__What is needed__
Go through the data line by line from the top, retyping each exactly, and end with the line that contains "byte_len [] = 0".

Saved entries
........
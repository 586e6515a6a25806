-- ===== src/Publisher/Size.antt =====
-- The size of a stream entry as redis_publisher.rs counts it: the bytes of its XADD command in the
-- protocol of Redis. A `usize` has 64 bits.
pub mod Wire
use tycho_simulation_server.Base.{
  ℕ, zero, suc, ◌+◌, ◌/◌, ltb, leb, ◌==◌, map_err, Option, none, some, List, [], ◌∷◌, ◌++◌,
  if◌then◌else◌, Text, codes, length, format_u64, parse_u64, max_u64, Result, ok, err, ◌>>=◌, ok_or,
}
use tycho_simulation_server.Contract.Boundary.{StreamEntry, redis_entry_id}
use tycho_simulation_server.Publisher.Errors.{
  Published, serialization_failed, invalid_entry_stream_id, oversized_entry,
}
use tycho_simulation_server.Publisher.Redis.{Fields}

-- The bytes of a code point in UTF-8.
abbrev pub utf8_width : ℕ → ℕ
utf8_width c = if ltb c 128 then 1 else (if ltb c 2048 then 2 else (if ltb c 65536 then 3 else 4))

-- str::len
unfoldable pub byte_len : Text → ℕ
byte_len [] = 0
byte_len (c ∷ s) = utf8_width c + byte_len s

count_digits : ℕ → ℕ → ℕ → ℕ
count_digits zero value digits = digits
count_digits (suc fuel) value digits =
    let rest = count_digits fuel (value / 10) (digits + 1) in if leb 10 value then rest else digits

-- The loop divides by 10, so a number takes fewer rounds than `value + 1`.
unfoldable pub decimal_digits : ℕ → ℕ
unfolding count_digits
decimal_digits value = count_digits (suc value) value 1

unfoldable pub resp_bulk_string_size : ℕ → ℕ
unfolding decimal_digits
resp_bulk_string_size length = 1 + decimal_digits length + 2 + length + 2

-- usize::saturating_add
abbrev pub saturating_add : ℕ → ℕ → ℕ
saturating_add a b = if leb (a + b) max_u64 then a + b else max_u64

add_sizes : ℕ → List Text → ℕ
unfolding resp_bulk_string_size byte_len
add_sizes total [] = total
add_sizes total (argument ∷ arguments) =
    add_sizes (saturating_add total (resp_bulk_string_size (byte_len argument))) arguments

unfoldable pub resp_array_size : List Text → ℕ
unfolding add_sizes decimal_digits
resp_array_size arguments = add_sizes (1 + decimal_digits (length arguments) + 2) arguments

-- The arguments of the XADD that the size is of.
unfoldable pub xadd_arguments : Text → Option ℕ → Text → Fields → List Text
xadd_arguments stream_key maxlen entry_id fields =
    codes "XADD" ∷ stream_key ∷ (maxlen_arguments maxlen ++ entry_id ∷ field_arguments fields)
  where
    maxlen_arguments : Option ℕ → List Text
    maxlen_arguments none = []
    maxlen_arguments (some n) = codes "MAXLEN" ∷ codes "~" ∷ format_u64 n ∷ []

    field_arguments : Fields → List Text
    field_arguments [] = []
    field_arguments ((field, value) ∷ fields) = field ∷ value ∷ field_arguments fields

-- str::rsplit_once(sep), of which only the text behind the last `sep` is used.
after_last : ℕ → Text → Option Text
after_last sep [] = none
after_last sep (c ∷ s) = elim (after_last sep s) [
  | some rest ↦ some rest
  | none ↦ if c == sep then some s else none
]

-- `redis_entry_id`: the generation is the end of the entry's stream id.
unfoldable pub entry_id_of : StreamEntry → Published Text
unfolding after_last
entry_id_of entry = do
  text ← ok_or (after_last b'-' entry.stream_id) (invalid_entry_stream_id entry.stream_id)
  generation ← ok_or (parse_u64 text) (invalid_entry_stream_id entry.stream_id)
  ok (redis_entry_id generation entry.message_seq)

-- `to_fields` is `redis_entry_fields`, which is made of serde_json's functions.
module _ (to_fields : StreamEntry → Result Text Fields) where
  unfoldable pub replay_entry_encoded_size : Text → Option ℕ → StreamEntry → Published ℕ
  unfolding entry_id_of resp_array_size xadd_arguments
  replay_entry_encoded_size stream_key maxlen entry = do
    entry_id ← entry_id_of entry
    fields ← map_err serialization_failed (to_fields entry)
    ok (resp_array_size (xadd_arguments stream_key maxlen entry_id fields))

  unfoldable pub ensure_redis_entry_size : Text → Option ℕ → StreamEntry → ℕ → Published ℕ
  unfolding replay_entry_encoded_size
  ensure_redis_entry_size stream_key maxlen entry limit_bytes = do
    encoded_bytes ← replay_entry_encoded_size stream_key maxlen entry
    if ltb limit_bytes encoded_bytes
        then err (oversized_entry entry.kind encoded_bytes limit_bytes)
        else ok encoded_bytes
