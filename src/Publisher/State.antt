-- ===== src/Publisher/State.antt =====
-- BroadcasterRedisPublisherState of redis_publisher.rs with its methods, the deployment phases, and
-- the ids and versions of a generation.
pub mod Phases
use tycho_simulation_server.Base.{
  ℕ, ◌+◌, ◌*◌, ◌-◌, ◌^◌, ltb, leb, Option, none, some, List, [], ◌++◌, Bool, true, false, not, ◌&&◌,
  ◌||◌, if◌then◌else◌, Text, codes, format_u64, max_u64, checked_succ, Result, ok, err,
}
use tycho_simulation_server.Contract.External.{Tycho}
use tycho_simulation_server.Contract.Payload.{Payload}
use tycho_simulation_server.Contract.Boundary.{redis_entry_id}
use tycho_simulation_server.Publisher.Errors.{
  Mode, passive, active, retired, unhealthy, PublishError, Published, state_version_overflow,
}

-- StartupHandoffBuffer. `complete_native_blocks` is a HashSet: a list without repetitions.
pub record StartupHandoff (T : Tycho) : Type 0 where
  pub id : ℕ
  pub started_at : ℕ
  pub payloads : List (Payload T)
  pub complete_native_blocks : List ℕ
  pub cancelled : Bool
  pub frozen : Bool

pub record PublisherState (T : Tycho) : Type 0 where
  pub mode : Mode
  pub generation : ℕ
  pub stream_id : Text
  pub snapshot_id : Text
  pub next_entry_seq : ℕ
  pub committed_state_version : ℕ
  pub next_state_version : ℕ
  pub latest_entry_id : Option Text
  pub append_success_count : ℕ
  pub append_failure_count : ℕ
  pub retry_exhaustion_count : ℕ
  pub last_error : Option PublishError
  pub startup_handoff : Option (StartupHandoff T)

-- u64::saturating_add(1)
abbrev pub saturating_succ : ℕ → ℕ
saturating_succ n = if ltb n max_u64 then n + 1 else n

unfoldable pub format_redis_stream_id : ℕ → ℕ → Text
format_redis_stream_id chain_id generation =
    codes "chain-" ++ format_u64 chain_id ++ codes "-stream-" ++ format_u64 generation

unfoldable pub format_redis_snapshot_id : ℕ → ℕ → Text
format_redis_snapshot_id chain_id generation =
    codes "chain-" ++ format_u64 chain_id ++ codes "-snapshot-" ++ format_u64 generation

-- generation.saturating_mul(1 << 48)
unfoldable pub state_version_base : ℕ → ℕ
state_version_base generation =
    if leb (generation * 2 ^ 48) max_u64 then generation * 2 ^ 48 else max_u64

-- new_with_mode
unfoldable pub new_publisher : {T : Tycho} → ℕ → ℕ → Mode → PublisherState T
unfolding format_redis_stream_id format_redis_snapshot_id state_version_base
new_publisher chain_id generation mode = record {
  mode = mode;
  generation = generation;
  stream_id = format_redis_stream_id chain_id generation;
  snapshot_id = format_redis_snapshot_id chain_id generation;
  next_entry_seq = 1;
  committed_state_version = state_version_base generation;
  next_state_version = state_version_base generation;
  latest_entry_id = none;
  append_success_count = 0;
  append_failure_count = 0;
  retry_exhaustion_count = 0;
  last_error = none;
  startup_handoff = none;
}

module _ {T : Tycho} where
  unfoldable pub record_append_success : Text → ℕ → PublisherState T → PublisherState T
  record_append_success entry_id next_entry_seq s = record s {
    append_success_count = saturating_succ s.append_success_count;
    latest_entry_id = some entry_id;
    next_entry_seq = next_entry_seq;
    last_error = none;
  }

  unfoldable pub record_append_failure : PublisherState T → PublisherState T
  record_append_failure s = record s {
    append_failure_count = saturating_succ s.append_failure_count;
  }

  unfoldable pub record_unhealthy : PublishError → Bool → PublisherState T → PublisherState T
  record_unhealthy last_error retry_exhausted s = record s {
    retry_exhaustion_count =
        if retry_exhausted
        then saturating_succ s.retry_exhaustion_count
        else s.retry_exhaustion_count;
    mode = unhealthy;
    last_error = some last_error;
  }

  unfoldable pub record_retired : PublishError → PublisherState T → PublisherState T
  record_retired last_error s = record s { mode = retired; last_error = some last_error }

  unfoldable pub activate_generation : ℕ → ℕ → PublisherState T → PublisherState T
  unfolding format_redis_stream_id format_redis_snapshot_id state_version_base
  activate_generation chain_id generation s = record s {
    mode = active;
    generation = generation;
    stream_id = format_redis_stream_id chain_id generation;
    snapshot_id = format_redis_snapshot_id chain_id generation;
    next_entry_seq = 2;
    committed_state_version = state_version_base generation;
    next_state_version = state_version_base generation;
    latest_entry_id = some (redis_entry_id generation 1);
    last_error = none;
  }

  unfoldable pub take_version : PublisherState T → Option ℕ → Published ℕ × PublisherState T
  take_version s none = (err state_version_overflow, s)
  take_version s (some version) = (ok version, record s { next_state_version = version })

  unfoldable pub allocate_state_version : PublisherState T → Published ℕ × PublisherState T
  unfolding take_version
  allocate_state_version s = take_version s (checked_succ s.next_state_version)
........
__Written response__
repository 586e6515a6a25806
-- ===== src/Publisher/Size.antt =====
-- The size of a stream entry as redis_publisher.rs counts it: the bytes of its XADD command in the
-- protocol of Redis. A `usize` has 64 bits.
pub mod Wire
use tycho_simulation_server.Base.{
  ℕ, zero, suc, ◌+◌, ◌/◌, ltb, leb, ◌==◌, map_err, Option, none, some, List, [], ◌∷◌, ◌++◌,
  if◌then◌else◌, Text, codes, length, format_u64, parse_u64, max_u64, Result, ok, err, ◌>>=◌, ok_or,
}
use tycho_simulation_server.Contract.Boundary.{StreamEntry, redis_entry_id}
use tycho_simulation_server.Publisher.Errors.{
  Published, serialization_failed, invalid_entry_stream_id, oversized_entry,
}
use tycho_simulation_server.Publisher.Redis.{Fields}

-- The bytes of a code point in UTF-8.
abbrev pub utf8_width : ℕ → ℕ
utf8_width c = if ltb c 128 then 1 else (if ltb c 2048 then 2 else (if ltb c 65536 then 3 else 4))

-- str::len
unfoldable pub byte_len : Text → ℕ
byte_len [] = 0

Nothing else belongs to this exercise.